**TASK GOAL:** From the listing below, set down exactly the lines between the one holding "-- The number" and the one holding "read_digits-append acc [] b = refl", inclusive. No other line is wanted.
+++++
-- ===== src/Base/Digits.antt =====
-- Decimal numerals, as std::to_string writes them.
use serverlite.Base.Tests.{if◌then◌else◌, ltb, Bool-cases}
use serverlite.Base.Lists.{Bytes}
use Prim.Native.Nat.{ℕ, zero, suc, ◌+◌, ◌-◌, ◌*◌, ◌/◌, ◌%◌, ◌≤◌, ◌<◌}
use mathlib.Core.Path.{◌≡◌, subst, refl, sym, ap, ◌∙◌}
use mathlib.Core.Logic.{◌≢◌, inl, inr}
use mathlib.Core.List.{[], ◌∷◌, ◌++◌}
use native.Mathlib.Omega.{arith}

-- On fuel, which a number of at least the value's size is enough for.
digits : ℕ → ℕ → Bytes
digits zero n = []
digits (suc fuel) n =
    let rest = digits fuel (n / 10) in
    if ltb n 10 then (48 + n) ∷ [] else rest ++ (48 + n % 10) ∷ []

unfoldable pub to_string : ℕ → Bytes
unfolding digits
to_string n = digits (n + 1) n

-- The number that a numeral stands for, from the value `acc` of what is read.
abbrev pub read_digits : ℕ → Bytes → ℕ
read_digits acc [] = acc
read_digits acc (b ∷ bs) = read_digits (acc * 10 + (b - 48)) bs

read_digits-append :
    (acc : ℕ) (a b : Bytes) → read_digits acc (a ++ b) ≡ read_digits (read_digits acc a) b
read_digits-append acc [] b = refl
read_digits-append acc (x ∷ a) b = read_digits-append (acc * 10 + (x - 48)) a b

digits-value : (fuel n : ℕ) → n < fuel → read_digits 0 (digits fuel n) ≡ n
unfolding digits
digits-value zero n h = omega arith
digits-value (suc fuel) n h = elim (Bool-cases (ltb n 10)) [
  | inl small ↦ rw small (omega arith)
  | inr large ↦
      let below : 10 ≤ n = ground arith in
      rw
        (
          large,
          read_digits-append 0 (digits fuel (n / 10)) ((48 + n % 10) ∷ []),
          digits-value fuel (n / 10) (omega arith),
        )
        (omega arith)
]

pub read_digits-to_string : (n : ℕ) → read_digits 0 (to_string n) ≡ n
unfolding to_string
read_digits-to_string n = digits-value (n + 1) n (omega arith)

pub to_string_injective : (m n : ℕ) → to_string m ≡ to_string n → m ≡ n
to_string_injective m n e =
    sym (read_digits-to_string m) ∙ ap (read_digits 0) e ∙ read_digits-to_string n

-- The characters of a numeral.
abbrev pub AllDigits : Bytes → Type 0
AllDigits [] = Unit
AllDigits (b ∷ bs) = ((48 ≤ b) × (b ≤ 57)) × AllDigits bs

AllDigits-append : (a b : Bytes) → AllDigits a → AllDigits b → AllDigits (a ++ b)
AllDigits-append [] b h k = k
AllDigits-append (x ∷ a) b h k = (h.0, AllDigits-append a b h.1 k)

digits-AllDigits : (fuel n : ℕ) → AllDigits (digits fuel n)
unfolding digits
digits-AllDigits zero n = tt
digits-AllDigits (suc fuel) n = elim (Bool-cases (ltb n 10)) [
  | inl small ↦ rw small (((omega arith, ground arith), tt))
  | inr large ↦ rw large (
      AllDigits-append (digits fuel (n / 10)) ((48 + n % 10) ∷ []) (digits-AllDigits fuel (n / 10))
        ((omega arith, omega arith), tt))
]

append_some : (a : Bytes) (x : ℕ) → (a ++ x ∷ []) ≢ []
append_some [] x e = cc
append_some (y ∷ a) x e = cc

digits_some : (fuel n : ℕ) → digits (suc fuel) n ≢ []
unfolding digits
digits_some fuel n = elim (Bool-cases (ltb n 10)) [
  | inl small ↦ rw small (λ e. cc)
  | inr large ↦ rw large (append_some (digits fuel (n / 10)) (48 + n % 10))
]

pub to_string_some : (n : ℕ) → to_string n ≢ []
unfolding to_string
to_string_some n =
    let e : suc n ≡ n + 1 = omega arith in subst (λ k. digits k n ≢ []) e (digits_some n n)

pub to_string-AllDigits : (n : ℕ) → AllDigits (to_string n)
unfolding to_string
to_string-AllDigits n = digits-AllDigits (n + 1) n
+++++
**RESULT OF THE EXERCISE:**
-- The number that a numeral stands for, from the value `acc` of what is read.
abbrev pub read_digits : ℕ → Bytes → ℕ
read_digits acc [] = acc
read_digits acc (b ∷ bs) = read_digits (acc * 10 + (b - 48)) bs

read_digits-append :
    (acc : ℕ) (a b : Bytes) → read_digits acc (a ++ b) ≡ read_digits (read_digits acc a) b
read_digits-append acc [] b = refl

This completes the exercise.